- To do
Find and copy every line in the records that includes the string "integer".

- Given data
---

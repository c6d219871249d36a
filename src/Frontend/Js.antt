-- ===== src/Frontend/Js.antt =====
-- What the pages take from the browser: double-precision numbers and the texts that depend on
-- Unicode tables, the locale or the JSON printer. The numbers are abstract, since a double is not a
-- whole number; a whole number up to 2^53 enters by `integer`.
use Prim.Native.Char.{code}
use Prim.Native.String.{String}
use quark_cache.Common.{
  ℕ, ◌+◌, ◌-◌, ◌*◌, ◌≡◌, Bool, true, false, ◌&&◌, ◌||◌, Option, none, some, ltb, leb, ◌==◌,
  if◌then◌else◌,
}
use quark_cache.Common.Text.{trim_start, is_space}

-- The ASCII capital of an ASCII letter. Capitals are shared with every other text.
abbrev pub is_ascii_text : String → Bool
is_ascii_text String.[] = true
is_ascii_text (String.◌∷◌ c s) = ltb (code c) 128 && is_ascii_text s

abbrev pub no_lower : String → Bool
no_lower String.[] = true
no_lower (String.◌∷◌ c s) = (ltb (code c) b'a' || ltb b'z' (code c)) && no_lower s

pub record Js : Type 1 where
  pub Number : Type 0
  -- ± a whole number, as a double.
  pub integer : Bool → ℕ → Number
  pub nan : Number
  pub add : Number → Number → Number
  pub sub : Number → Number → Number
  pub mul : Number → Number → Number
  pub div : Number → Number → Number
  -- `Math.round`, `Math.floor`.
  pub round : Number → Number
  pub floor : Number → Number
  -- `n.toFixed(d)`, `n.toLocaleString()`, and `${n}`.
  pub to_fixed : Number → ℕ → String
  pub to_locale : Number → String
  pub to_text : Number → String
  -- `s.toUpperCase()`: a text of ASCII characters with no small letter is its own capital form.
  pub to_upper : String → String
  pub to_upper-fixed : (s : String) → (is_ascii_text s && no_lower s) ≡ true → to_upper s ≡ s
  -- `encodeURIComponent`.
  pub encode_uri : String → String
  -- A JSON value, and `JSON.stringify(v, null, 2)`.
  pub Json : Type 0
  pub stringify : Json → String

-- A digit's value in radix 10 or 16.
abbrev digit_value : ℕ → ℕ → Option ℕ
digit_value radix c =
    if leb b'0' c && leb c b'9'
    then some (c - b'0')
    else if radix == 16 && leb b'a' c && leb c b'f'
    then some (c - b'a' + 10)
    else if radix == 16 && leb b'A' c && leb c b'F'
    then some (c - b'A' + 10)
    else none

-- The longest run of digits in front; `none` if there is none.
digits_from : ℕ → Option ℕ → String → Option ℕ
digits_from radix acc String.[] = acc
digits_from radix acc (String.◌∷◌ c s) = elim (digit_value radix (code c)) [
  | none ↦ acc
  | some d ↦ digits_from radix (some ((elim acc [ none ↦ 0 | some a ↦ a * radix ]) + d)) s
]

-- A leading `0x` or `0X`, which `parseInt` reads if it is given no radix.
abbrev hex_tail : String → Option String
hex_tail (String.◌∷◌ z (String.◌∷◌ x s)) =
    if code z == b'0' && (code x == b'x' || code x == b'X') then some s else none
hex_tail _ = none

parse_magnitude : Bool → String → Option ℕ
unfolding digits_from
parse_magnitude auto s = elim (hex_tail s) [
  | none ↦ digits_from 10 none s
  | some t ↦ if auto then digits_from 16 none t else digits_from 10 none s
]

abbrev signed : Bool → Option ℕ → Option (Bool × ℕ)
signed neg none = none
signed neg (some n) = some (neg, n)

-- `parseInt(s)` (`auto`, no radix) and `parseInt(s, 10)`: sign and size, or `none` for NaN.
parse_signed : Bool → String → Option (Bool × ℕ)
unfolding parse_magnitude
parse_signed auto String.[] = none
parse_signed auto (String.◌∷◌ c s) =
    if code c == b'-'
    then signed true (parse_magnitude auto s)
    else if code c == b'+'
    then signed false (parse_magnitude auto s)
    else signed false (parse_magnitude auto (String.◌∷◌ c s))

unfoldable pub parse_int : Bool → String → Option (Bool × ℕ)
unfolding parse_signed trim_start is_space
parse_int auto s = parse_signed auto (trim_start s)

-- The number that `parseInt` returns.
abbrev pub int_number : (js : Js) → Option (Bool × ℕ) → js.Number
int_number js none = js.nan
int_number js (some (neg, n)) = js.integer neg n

---

- Worked solution
-- whole number; a whole number up to 2^53 enters by `integer`.
  pub integer : Bool → ℕ → Number
int_number js (some (neg, n)) = js.integer neg n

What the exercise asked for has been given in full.